As the skin tissue around the nailfold region contains characteristic structures with rich blood perfusion, the little finger nailfold on the left hand of a healthy female volunteer was imaged with the endoscopic catheter and the conventional galvanometric scanner. In the endoscopic cross-sectional structure (Figure 4a), the epidermis (EP), dermis (DE), nail matrix (NM), nail root (NR), and nail beds (NB) layers were clearly differentiated. The blood vessels were supposed to be mainly distributed within the DE layer [34]. The endoscopic cross-sectional IDa-OCTA angiogram without distortion correction is shown in Figure 4b, where the dynamic flows in the DE layer were not distinguishable from the neighbor static tissue. For comparison, a galvanometric scanner was used to image a similar little finger nailfold region, and the conventional cross-sectional IDa-OCTA angiogram (Figure 4c) was obtained, where the blood vessels could be clearly identified from the background with a high contrast. After performing distortion correction on endoscopic structures, the corresponding CLG-corrected endoscopic IDa-OCTA (Figure 4d) and LBM-corrected endoscopic IDa-OCTA (Figure 4e) both enabled a relatively clear visualization of the blood perfusion within the high scattering skin tissue, and the endoscopic angiograms had a good correspondence with the conventional angiogram (see the yellow arrow in Figure 4c–e), demonstrating the reality of the dynamic flow obtained by the endoscopic proximal-end scanning catheter.
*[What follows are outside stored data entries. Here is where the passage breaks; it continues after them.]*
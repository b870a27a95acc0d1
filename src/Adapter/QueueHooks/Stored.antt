-- ===== src/Adapter/QueueHooks/Stored.antt =====
-- What the steps of configureQueueHooksDefault of src/cmd/gridware-adapter/main.go leave in the
-- scheduler where they succeed.
use qpu_resource.Prelude.{
  Bool, true, false, List, [], ◌∷◌, ◌≡◌, refl, sym, ◌∙◌, ap, inl, inr, Option, none, some, Text,
  if◌then◌else◌, contains, Bool-cases,
}
use mathlib.Core.Path.{subst}
use qpu_resource.FilePath.{is_abs}
use qpu_resource.Errors.{Error, ok, wrapf, done, guard}
use qpu_resource.Adapter.HookOptions.{Surroundings}
use qpu_resource.Adapter.QConf.{
  ClusterQueue, GlobalConfiguration, Configuration, QConf, IsFaithful, put,
}
use qpu_resource.Adapter.Action.{pure, raise, lift, call, wrapping, ◌>>=◌, bind_ok, call_ok}
use qpu_resource.Adapter.QueueHooks.{
  launcher_words, launcher_settings, spool_roots, store_hooks, with_hooks, with_pattern,
  add_pattern, ensure_global_reporting_pattern,
}
use qpu_resource.Adapter.QueueHooks.Gather.{HoldsRoots, spool_roots-HoldsRoots}
use qpu_resource.Adapter.QueueHooks.Settings.{root}

guard_ok : (b : Bool) (e : Error) {u : Unit {0}} → guard b e ≡ ok u → b ≡ true
guard_ok true e h = refl
guard_ok false e h = absurd (cc h)

ok_injective : {A : Type 0} {a b : A} → ok a ≡ ok b → a ≡ b
ok_injective h = cc h

module _ (qc : QConf) (faithful : IsFaithful qc) (w : Surroundings) where
  open qc use {State, Rest, view}

  -- The launcher's options come from the environment and from the roots that were gathered.
  pub launcher_settings_ok :
      (s : State) {words : List Text}
      → (launcher_settings qc w s).0 ≡ ok words
      → (roots : List Text) × (words ≡ launcher_words w roots)
        × (is_abs (root w) ≡ true)
        × (view (launcher_settings qc w s).1 ≡ view s)
        × HoldsRoots qc s roots
  unfolding launcher_settings lift pure
  launcher_settings_ok s h =
      let (u, passed, step1) =
        bind_ok (lift (guard (is_abs (root w)) _))
          (λ _. spool_roots qc >>= λ roots. pure (launcher_words w roots)) s h in
      let (roots, gathered, step2) =
        bind_ok (spool_roots qc) (λ roots. pure (launcher_words w roots)) s
          (sym (ap (λ p. p.0) step1) ∙ h) in
      let (same, holds) = spool_roots-HoldsRoots qc faithful s gathered in
      (
        roots,
        ok_injective (sym h ∙ ap (λ p. p.0) (step1 ∙ step2)),
        guard_ok (is_abs (root w)) _ passed,
        ap (λ p. view p.1) (step1 ∙ step2) ∙ same,
        holds,
      )

  pub store_hooks_ok :
      (queue : Text) (commands : Text × Text) (s : State) {u : Unit {0}}
      → (store_hooks qc queue commands s).0 ≡ ok u
      → (before : ClusterQueue Rest) × ((view s).cluster_queue queue ≡ some before)
        × (view (store_hooks qc queue commands s).1 ≡ record (view s) {
          cluster_queue =
              put queue (with_hooks qc queue commands.0 commands.1 before) (view s).cluster_queue;
        })
  unfolding wrapping call
  store_hooks_ok queue commands s h =
      let (before, shown, step) =
        bind_ok
          (wrapping (wrapf "show queue %q: %w" (queue ∷ [])) (call (qc.show_cluster_queue queue)))
          (λ cfg.
            wrapping (wrapf "modify queue %q hooks: %w" (queue ∷ [])) (
              call (qc.modify_cluster_queue queue (with_hooks qc queue commands.0 commands.1 cfg))))
          s h in
      let s1 = (qc.show_cluster_queue queue s).1 in
      let (same, found) = faithful.shows_cluster_queue queue s in
      let new = with_hooks qc queue commands.0 commands.1 before in
      let (good, _) = faithful.modifies_cluster_queue queue new s1 in
      (
        before,
        found before (call_ok _ (qc.show_cluster_queue queue) s shown),
        ap (λ p. view p.1) step
            ∙ good (call_ok _ (qc.modify_cluster_queue queue new) s1 (sym (ap (λ p. p.0) step) ∙ h))
            ∙ ap
                (λ (c : Configuration Rest). record c {
                  cluster_queue = put queue new c.cluster_queue;
                })
                same,
      )

  -- The global configuration with the pattern.
  abbrev pub reporting : Text → GlobalConfiguration Rest → GlobalConfiguration Rest
  reporting pattern g = if contains g.reporting_params pattern then g else with_pattern qc g pattern

  add_pattern_ok :
      (pattern : Text) (shown : Option (GlobalConfiguration Rest)) (s : State) {u : Unit {0}}
      → ((g : GlobalConfiguration Rest) → shown ≡ some g → (view s).global_configuration ≡ some g)
      → (add_pattern qc pattern shown s).0 ≡ ok u
      → (g : GlobalConfiguration Rest) × ((view s).global_configuration ≡ some g)
        × (view (add_pattern qc pattern shown s).1
            ≡ record (view s) { global_configuration = some (reporting pattern g) })
  unfolding wrapping call pure raise
  add_pattern_ok pattern none s found h = absurd (cc h)
  add_pattern_ok pattern (some g) s found h =
      elim (Bool-cases (contains g.reporting_params pattern)) [
        | inl e ↦
            (g, found g refl, rw e (λ i. record (view s) { global_configuration = found g refl i }))
        | inr e ↦ (
          g,
          found g refl,
          rw e (
              (faithful.modifies_global_config (with_pattern qc g pattern) s).0
                (call_ok _ (qc.modify_global_config (with_pattern qc g pattern)) s (rw e at h))),
        )
      ]

  pub ensure_pattern_ok :
      (pattern : Text) (s : State) {u : Unit {0}}
      → (ensure_global_reporting_pattern qc pattern s).0 ≡ ok u
      → (g : GlobalConfiguration Rest) × ((view s).global_configuration ≡ some g)
        × (view (ensure_global_reporting_pattern qc pattern s).1
            ≡ record (view s) { global_configuration = some (reporting pattern g) })
  unfolding ensure_global_reporting_pattern wrapping call
  ensure_pattern_ok pattern s h =
      let (shown, first, step) =
        bind_ok
          (wrapping (wrapf "show global configuration: %w" []) (call qc.show_global_configuration))
          (add_pattern qc pattern) s h in
      let s1 = (qc.show_global_configuration s).1 in
      let (same, found) = faithful.shows_global_configuration s in
      let answer = call_ok _ qc.show_global_configuration s first in
      let (g, at, ends) =
        add_pattern_ok pattern shown s1
          (λ g e.
            subst (λ c. c.global_configuration ≡ some g) (sym same) (found g (answer ∙ ap done e)))
          (sym (ap (λ p. p.0) step) ∙ h) in
      (
        g,
        subst (λ c. c.global_configuration ≡ some g) same at,
        ap (λ p. view p.1) step
            ∙ ends
            ∙ ap
                (λ (c : Configuration Rest). record c {
                  global_configuration = some (reporting pattern g);
                })
                same,
      )
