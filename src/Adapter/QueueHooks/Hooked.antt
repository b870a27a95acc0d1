-- ===== src/Adapter/QueueHooks/Hooked.antt =====
-- What a successful configureQueueHooksDefault of src/cmd/gridware-adapter/main.go leaves in the
-- scheduler.
use qpu_resource.Prelude.{true, List, ◌≡◌, sym, ◌∙◌, ap, some, Text}
use mathlib.Core.Path.{subst}
use qpu_resource.FilePath.{is_abs}
use qpu_resource.Errors.{ok}
use qpu_resource.Adapter.HookOptions.{QueueHookOptions, Surroundings}
use qpu_resource.Adapter.QConf.{
  ClusterQueue, GlobalConfiguration, Configuration, QConf, IsFaithful, put,
}
use qpu_resource.Adapter.Action.{lift, ◌>>=◌, bind_ok}
use qpu_resource.Adapter.{qrmi_queue_hook_command}
use qpu_resource.Prelude.{arith, codes, ◌++◌, if◌then◌else◌, [], ◌∷◌, contains}
use qpu_resource.Adapter.QueueHooks.{
  launcher_path, prolog_args, common_args, launcher_words, launcher_settings, hook_commands,
  store_hooks, with_hooks, reporting_pattern, ensure_global_reporting_pattern,
  configure_queue_hook_paths, configure_queue_hooks_default,
}
use qpu_resource.Adapter.QueueHooks.Gather.{HoldsRoots}
use qpu_resource.Adapter.QueueHooks.Settings.{root}
use qpu_resource.Adapter.QueueHooks.Stored.{
  launcher_settings_ok, store_hooks_ok, ensure_pattern_ok, reporting,
}

-- The two commands of a run that accepts its hooks.
hook_commands_inv :
    (prolog epilog : Text) (o : QueueHookOptions) (words : List Text) {commands : Text × Text}
    → hook_commands prolog epilog o words ≡ ok commands
    → (qrmi_queue_hook_command prolog (launcher_path prolog o) o.hook_user words (prolog_args o)
        ≡ ok commands.0)
      × (qrmi_queue_hook_command epilog (launcher_path prolog o) o.hook_user words (common_args o)
          ≡ ok commands.1)
hook_commands_inv prolog epilog o words h = ground arith

module _ (qc : QConf) (faithful : IsFaithful qc) (w : Surroundings) where
  open qc use {State, Rest, view}

  module _ (queue prolog epilog : Text) (o : QueueHookOptions) where
    -- The queue with the two commands.
    abbrev hooked : Text × Text → ClusterQueue Rest → Configuration Rest → Configuration Rest
    hooked commands before c = record c {
      cluster_queue = put queue (with_hooks qc queue commands.0 commands.1 before) c.cluster_queue;
    }

    -- The queue's two commands are those for the gathered roots; all else is the same.
    record HasCommands (s : State) (c' : Configuration Rest) : Type 0 where
      roots : List Text
      commands : Text × Text
      before : ClusterQueue Rest
      absolute : is_abs (root w) ≡ true
      holds : HoldsRoots qc s roots
      accepted : hook_commands prolog epilog o (launcher_words w roots) ≡ ok commands
      queue_found : (view s).cluster_queue queue ≡ some before
      after : c' ≡ hooked commands before (view s)

    configure_queue_hook_paths-HasCommands :
        (s : State) {u : Unit {0}}
        → (configure_queue_hook_paths qc w queue prolog epilog o s).0 ≡ ok u
        → HasCommands s (view (configure_queue_hook_paths qc w queue prolog epilog o s).1)
    unfolding configure_queue_hook_paths lift
    configure_queue_hook_paths-HasCommands s h =
        let (words, done1, step1) =
          bind_ok (launcher_settings qc w)
            (λ words. lift (hook_commands prolog epilog o words) >>= store_hooks qc queue) s h in
        let s1 = (launcher_settings qc w s).1 in
        let (commands, done2, step2) =
          bind_ok (lift (hook_commands prolog epilog o words)) (store_hooks qc queue) s1
            (sym (ap (λ p. p.0) step1) ∙ h) in
        let (roots, spelled, absolute, same, holds) = launcher_settings_ok qc faithful w s done1 in
        let (before, queue_at, stored) =
          store_hooks_ok qc faithful w queue commands s1
            (sym (ap (λ p. p.0) (step1 ∙ step2)) ∙ h) in
        record {
          roots = roots;
          commands = commands;
          before = before;
          absolute = absolute;
          holds = holds;
          accepted = ap (hook_commands prolog epilog o) (sym spelled) ∙ done2;
          queue_found = subst (λ c. c.cluster_queue queue ≡ some before) same queue_at;
          after = ap (λ p. view p.1) (step1 ∙ step2) ∙ stored ∙ ap (hooked commands before) same;
        }

    -- The reporting parameters with the pattern behind them, where it is not there.
    abbrev with_usage_pattern : GlobalConfiguration Rest → GlobalConfiguration Rest
    with_usage_pattern g =
        if contains g.reporting_params (codes "usage_patterns=qrmi:qrmi_*") then g else record g {
          reporting_params = g.reporting_params ++ (codes "usage_patterns=qrmi:qrmi_*" ∷ []);
        }

    -- From the state in which the run begins to the configuration that it leaves: the queue has the
    -- two commands for the gathered roots, and the global configuration has the pattern; all else is
    -- the same.
    pub record IsHooked (s : State) (c' : Configuration Rest) : Type 0 where
      pub roots : List Text
      pub commands : Text × Text
      pub before : ClusterQueue Rest
      pub global : GlobalConfiguration Rest
      pub absolute : is_abs (root w) ≡ true
      pub holds : HoldsRoots qc s roots
      pub prolog_command :
          qrmi_queue_hook_command prolog
            (launcher_path prolog o)
            o.hook_user
            (launcher_words w roots)
            (prolog_args o)
          ≡ ok commands.0
      pub epilog_command :
          qrmi_queue_hook_command epilog
            (launcher_path prolog o)
            o.hook_user
            (launcher_words w roots)
            (common_args o)
          ≡ ok commands.1
      pub queue_found : (view s).cluster_queue queue ≡ some before
      pub global_found : (view s).global_configuration ≡ some global
      pub after : c' ≡ record (view s) {
        cluster_queue =
            put queue
              (record before { name = queue; prolog = commands.0 ∷ []; epilog = commands.1 ∷ [] })
              (view s).cluster_queue;
        global_configuration = some (with_usage_pattern global);
      }

    -- A setup of the hooks that succeeds has stored at the queue, as its only prolog and its only
    -- epilog, the commands that are accepted for the two hooks and the gathered spool directories, and
    -- in the global configuration the reporting pattern behind the other parameters, unless it was
    -- there; the rest of the queue and of the configuration is as before.
    pub configure_queue_hooks_default-IsHooked :
        (s : State)
        → (configure_queue_hooks_default qc w queue prolog epilog o s).0 ≡ ok tt
        → IsHooked s (view (configure_queue_hooks_default qc w queue prolog epilog o s).1)
    unfolding configure_queue_hooks_default
    configure_queue_hooks_default-IsHooked s h =
        let (u, done1, step) =
          bind_ok (configure_queue_hook_paths qc w queue prolog epilog o)
            (λ _. ensure_global_reporting_pattern qc reporting_pattern) s h in
        let paths = configure_queue_hook_paths-HasCommands s done1 in
        let (global, global_at, ends) =
          ensure_pattern_ok qc faithful w reporting_pattern
            (configure_queue_hook_paths qc w queue prolog epilog o s).1
            (sym (ap (λ p. p.0) step) ∙ h) in
        record {
          roots = paths.roots;
          commands = paths.commands;
          before = paths.before;
          global = global;
          absolute = paths.absolute;
          holds = paths.holds;
          prolog_command = (hook_commands_inv prolog epilog o _ paths.accepted).0;
          epilog_command = (hook_commands_inv prolog epilog o _ paths.accepted).1;
          queue_found = paths.queue_found;
          global_found = subst (λ c. c.global_configuration ≡ some global) paths.after global_at;
          after =
              ap (λ p. view p.1) step
              ∙ ends
              ∙ ap
                  (λ (c : Configuration Rest). record c {
                    global_configuration = some (reporting qc faithful w reporting_pattern global);
                  })
                  paths.after;
        }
Compared with the CLG-corrected angiogram, the LBM-corrected angiogram had a higher background noise and thus a lower image contrast, partly circled by yellow ellipses in the insets. In addition, the noisy background also impaired the vessel density evaluation. As shown in Figure 4f,g, the binarized vascular masks of CLG- and LBM-corrected angiograms (red) were overlayed on the structural image, and the CLG-corrected image showed less noisy points labeled by yellow ellipses, enabling a higher accuracy in vessel density evaluation.

4. Discussion

In this study, to suppress the distortion-induced noise of angiograms imaging with proximal-end scanning catheters, a CLG optical flow method was used to correct NURD and physiological motion. Flow phantom and human finger imaging experiments were performed to demonstrate its validity. The proposed distortion correction method has several advantages over existing methods. Compared with the conventional LBM method determining motion locally by estimating the translation between corresponding blocks of adjacent frames [23], the CLG optical flow method contains the flow field information available for each pixel, and estimates the circumferential (x) and the radial (z) displacements to sub-pixel precision, achieving higher accuracy with a significantly faster execution time [27]. In addition, rather than using the fiducial markers on the catheter to correct rotational speed variations [18], the CLG method ensures an unobstructed field of view. In contrast to the method based on the statistical variations in speckle between adjacent A-lines measuring the rotational speed of a catheter [25], the CLG method is based on the intensity constant assumption to calculate the velocity field from the adjacent frames, not requiring highly correlated A-lines data and not limiting the imaging speed. This distortion correction method can be applied to other endoscopic catheters-based techniques such as balloon-based distal-end probes for esophageal angiographic imaging [10,15,16,17], or capsule-based distal-end probes for rectal angiographic imaging [17,19]. In addition, it has potential to be combined with machine learning algorithms to further improve the performance of the CLG optical flow in distortion correction [35].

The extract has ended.